I need to install a kit to convert a new clothes dryer from natural to propane gas. Can anyone give me some pointers on the difficulty of this job and what special tools I may need. I expect to get instructions with the kit. I haven't picked it up from Lowes yet. Please try to refrain from stating that I should not consider doing this myself. I am a long time DIY person. I will decide if I am capible of safely doing it once I read through the instructions. I am just looking for other DIY people who have done it and can tell me their experiences. I you happen to be a professional who is near me. (SW Mason county) send me a note and maybe I will hire you to do it. It is on a new Bosch clothes dryer.

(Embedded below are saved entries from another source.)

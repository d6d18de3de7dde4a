-- ===== src/Gift/Stock/History.antt =====
-- internal/services/gift/service.go: the requests that write the database, in any order.
use mathlib.Core.Path.{subst}
use yourz_gift.Base.{ℕ, ◌≤◌, String, ◌≡◌, sym, some, List, arith}
use yourz_gift.Base.Text.{TextLib}
use yourz_gift.Dto.{
  GiftListCreate, GiftListUpdate, GiftItemCreate, GiftItemUpdate, GiftItemPriority,
  GiftReservationCreate,
}
use yourz_gift.Gift.{Gorm, Database, Call, Service}
use yourz_gift.Gift.Lists.{create_list, update_list, delete_list}
use yourz_gift.Gift.Items.{create_item, update_item, delete_item, reorder}
use yourz_gift.Gift.Reservations.{
  mark_reservation_thanked, cancel_reservation, create_public_reservation,
}
use yourz_gift.Gift.Friends.{
  request_between, request_friend, accept_friend, reject_friend, delete_friend,
}
use yourz_gift.Gift.Repo.Availability.{reserved_in}
use yourz_gift.Gift.Stock.{IsStocked}
use yourz_gift.Gift.Stock.Keeps.{cancel-IsStocked, mark-IsStocked}
use yourz_gift.Gift.Stock.Reserve.{create_public-IsStocked}
use yourz_gift.Gift.Stock.Items.{
  create_item-IsStocked, update_item-IsStocked, delete_item-IsStocked, reorder-IsStocked,
}

-- The methods of GiftService that write, with the user and the arguments of a call.
pub data Request : Type 0 where
  creates_list : (user : String) (req : GiftListCreate) → Request
  updates_list : (user id : String) (req : GiftListUpdate) → Request
  deletes_list : (user id : String) → Request
  creates_item : (user list_id : String) (req : GiftItemCreate) → Request
  updates_item : (user id : String) (req : GiftItemUpdate) → Request
  deletes_item : (user id : String) → Request
  reorders : (user list_id : String) (items : List GiftItemPriority) → Request
  reserves : (share_code item_id : String) (req : GiftReservationCreate) → Request
  cancels : (user id reason : String) → Request
  thanks : (user id : String) → Request
  requests_friend : (user email : String) → Request
  accepts_friend : (user id : String) → Request
  rejects_friend : (user id : String) → Request
  deletes_friend : (user id : String) → Request

module _ {g : Gorm} where
  -- An update of an item asks for no less than is reserved of it.
  abbrev pub LeavesRoom : Request → Database g → Type 0
  LeavesRoom (updates_item user id req) db = (q : ℕ) → req.quantity ≡ some q → reserved_in db id ≤ q
  LeavesRoom _ db = Unit {0}

  module _ (lib : TextLib) (svc : Service) where
    -- The database after the request, whatever the answer.
    unfoldable pub serve : Call → Request → Database g → Database g
    serve call (creates_list u req) db = (create_list lib call u req db).1
    serve call (updates_list u id req) db = (update_list lib call u id req db).1
    serve call (deletes_list u id) db = (delete_list u id db).1
    serve call (creates_item u id req) db = (create_item lib call u id req db).1
    serve call (updates_item u id req) db = (update_item lib call u id req db).1
    serve call (deletes_item u id) db = (delete_item u id db).1
    serve call (reorders u id items) db = (reorder u id items db).1
    serve call (reserves code id req) db = (create_public_reservation lib call code id req db).1
    serve call (cancels u id why) db = (cancel_reservation lib call u id why db).1
    serve call (thanks u id) db = (mark_reservation_thanked lib call u id db).1
    serve call (requests_friend u email) db = (request_friend svc call lib u email db).1
    serve call (accepts_friend u id) db = (accept_friend svc call u id db).1
    serve call (rejects_friend u id) db = (reject_friend svc call u id db).1
    serve call (deletes_friend u id) db = (delete_friend svc call u id db).1

    -- What requests, one after the other, make of a database.
    pub data History (start : Database g) : Database g → Type 0 where
      begin : History start start
      after :
          {db db' : Database g}
          → History start db
          → (call : Call) (request : Request) → LeavesRoom request db
          → db' ≡ serve call request db
          → History start db'

-- The items and the reservations of two databases are the same.
module _ {g : Gorm} where
  abbrev SameGifts : Database g → Database g → Type 0
  SameGifts db db' = (db'.items ≡ db.items) × (db'.reservations ≡ db.reservations)

  SameGifts-IsStocked : (db db' : Database g) → SameGifts db db' → IsStocked db → IsStocked db'
  SameGifts-IsStocked db db' (e, f) s = rw e (rw f s)

module _ {g : Gorm} (lib : TextLib) (call : Call) (db : Database g) where
  create_list_gifts :
      (u : String) (req : GiftListCreate) → SameGifts db (create_list lib call u req db).1
  unfolding create_list
  create_list_gifts u req = ground arith

  update_list_gifts :
      (u id : String) (req : GiftListUpdate) → SameGifts db (update_list lib call u id req db).1
  unfolding update_list
  update_list_gifts u id req = ground arith

  delete_list_gifts : (u id : String) → SameGifts db (delete_list u id db).1
  unfolding delete_list
  delete_list_gifts u id = ground arith

module _ {g : Gorm} (lib : TextLib) (svc : Service) (call : Call) (db : Database g) where
  request_friend_gifts :
      (u email : String) → SameGifts db (request_friend svc call lib u email db).1
  unfolding request_friend request_between
  request_friend_gifts u email = ground arith

  accept_friend_gifts : (u id : String) → SameGifts db (accept_friend svc call u id db).1
  unfolding accept_friend
  accept_friend_gifts u id = ground arith

  reject_friend_gifts : (u id : String) → SameGifts db (reject_friend svc call u id db).1
  unfolding reject_friend
  reject_friend_gifts u id = ground arith

  delete_friend_gifts : (u id : String) → SameGifts db (delete_friend svc call u id db).1
  unfolding delete_friend
  delete_friend_gifts u id = ground arith

module _ {g : Gorm} (lib : TextLib) (svc : Service) where
  serve-IsStocked :
      (call : Call) (request : Request) (db : Database g)
      → LeavesRoom request db
      → IsStocked db
      → IsStocked (serve lib svc call request db)
  unfolding serve
  serve-IsStocked call (creates_list u req) db room s =
      SameGifts-IsStocked db (serve lib svc call (creates_list u req) db)
        (create_list_gifts lib call db u req) s
  serve-IsStocked call (updates_list u id req) db room s =
      SameGifts-IsStocked db (serve lib svc call (updates_list u id req) db)
        (update_list_gifts lib call db u id req) s
  serve-IsStocked call (deletes_list u id) db room s =
      SameGifts-IsStocked db (serve lib svc call (deletes_list u id) db)
        (delete_list_gifts lib call db u id) s
  serve-IsStocked call (creates_item u id req) db room s =
      create_item-IsStocked lib call u id req db s
  serve-IsStocked call (updates_item u id req) db room s =
      update_item-IsStocked lib call u id req db room s
  serve-IsStocked call (deletes_item u id) db room s = delete_item-IsStocked lib call u id db s
  serve-IsStocked call (reorders u id items) db room s = reorder-IsStocked lib call u id items db s
  serve-IsStocked call (reserves code id req) db room s =
      create_public-IsStocked lib call code id req db s
  serve-IsStocked call (cancels u id why) db room s = cancel-IsStocked lib call u id why db s
  serve-IsStocked call (thanks u id) db room s = mark-IsStocked lib call u id db s
  serve-IsStocked call (requests_friend u email) db room s =
      SameGifts-IsStocked db (serve lib svc call (requests_friend u email) db)
        (request_friend_gifts lib svc call db u email) s
  serve-IsStocked call (accepts_friend u id) db room s =
      SameGifts-IsStocked db (serve lib svc call (accepts_friend u id) db)
        (accept_friend_gifts lib svc call db u id) s
  serve-IsStocked call (rejects_friend u id) db room s =
      SameGifts-IsStocked db (serve lib svc call (rejects_friend u id) db)
        (reject_friend_gifts lib svc call db u id) s
  serve-IsStocked call (deletes_friend u id) db room s =
      SameGifts-IsStocked db (serve lib svc call (deletes_friend u id) db)
        (delete_friend_gifts lib svc call db u id) s

  -- Whatever requests follow each other, in whatever order, and whatever answers they get: where
  -- the reservations fit into the quantities at the start, and no UpdateItem asks for less than is
  -- reserved, they fit at the end.
  pub History-IsStocked :
      (start db : Database g) → IsStocked start → History lib svc start db → IsStocked db
  History-IsStocked start _ s begin = s
  History-IsStocked start db' s (after {db} h call request room e) =
      subst IsStocked (sym e)
        (serve-IsStocked call request db room (History-IsStocked start db s h))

Thanks in advance.


----------



## driftfisher (May 1, 2008)

Worked for a propane co. for 20+ years and you should have no problem. Newer dryers can be more difficult, some times you need to disassemble the entire dryer to get to the gas valve, but once your there its pretty simple.


----------



## Michihunter (Jan 8, 2003)

Only two things will need to be changed. The gas valve regulator and the burner outlet orifice. Fairly simple really. A screwdriver and adjustable wrench will be the only tools necessary to make the changes. One thing you should keep in mind though is that you may want a manometer to adjust the outgoing lp pressure at the gas valve to it's proper setting.


----------



## N M Mechanical (Feb 7, 2008)

I will second the manometer or crank it down then back it off two turns.
_Posted via Mobile Device_


----------



## tednruthy (Sep 28, 2005)

Thanks guys.
Hey NM Mechanical, You say crank it down al the way then back it off 2 turns. Please elaborate on this. Crank what down? Thanks. Also can I make a manometer out of vinyl tubing with a water column and adapt it to where I need to connect it? I know what a manometer is and how it works just don't have access to one.


----------



## driftfisher (May 1, 2008)

Don't worry about the manometer, your propane system is regulated to 11 inches of water column, any adjustment you make will be minuscule. Just install the regulator plug and the orifice and you will be fine. If you have any questions let me know we fish down the road from the tavern all the time. We are at Kampingas this weekend. If you'r worried I will have a gauge on the truck.


----------



## ahoude23 (Aug 18, 2008)

If its a front loader you will have it into pieces before your done. Not hard, just remember where you took parts off at.

Andy


----------



## tednruthy (Sep 28, 2005)

Thanks All, I got the kit with instructions this week. Read through them and you are correct that this front loader will be completely dis-assembled to get to the valve needing replacement. The instructions look pretty good though. Thanks DRIFTFISHER but I am not going to get to this job this weekend.


----------



## tednruthy (Sep 28, 2005)

Plans changed for yesterday and I did get to the kit install. Tore the dryer down to it's bare chassis damn near. The instructions were very good with lots of pictures. It went well and took about 90 minutes. Looks like it worked fine when I finished. Didn't do a a load but fired her up for a minute or so to watch the flame in the burner.


----------



## Topshelf (May 24, 2005)

Make sure you do a soap test for leaks when all is said and done. Better safe that sorry.

Nice job on the conversion.


----------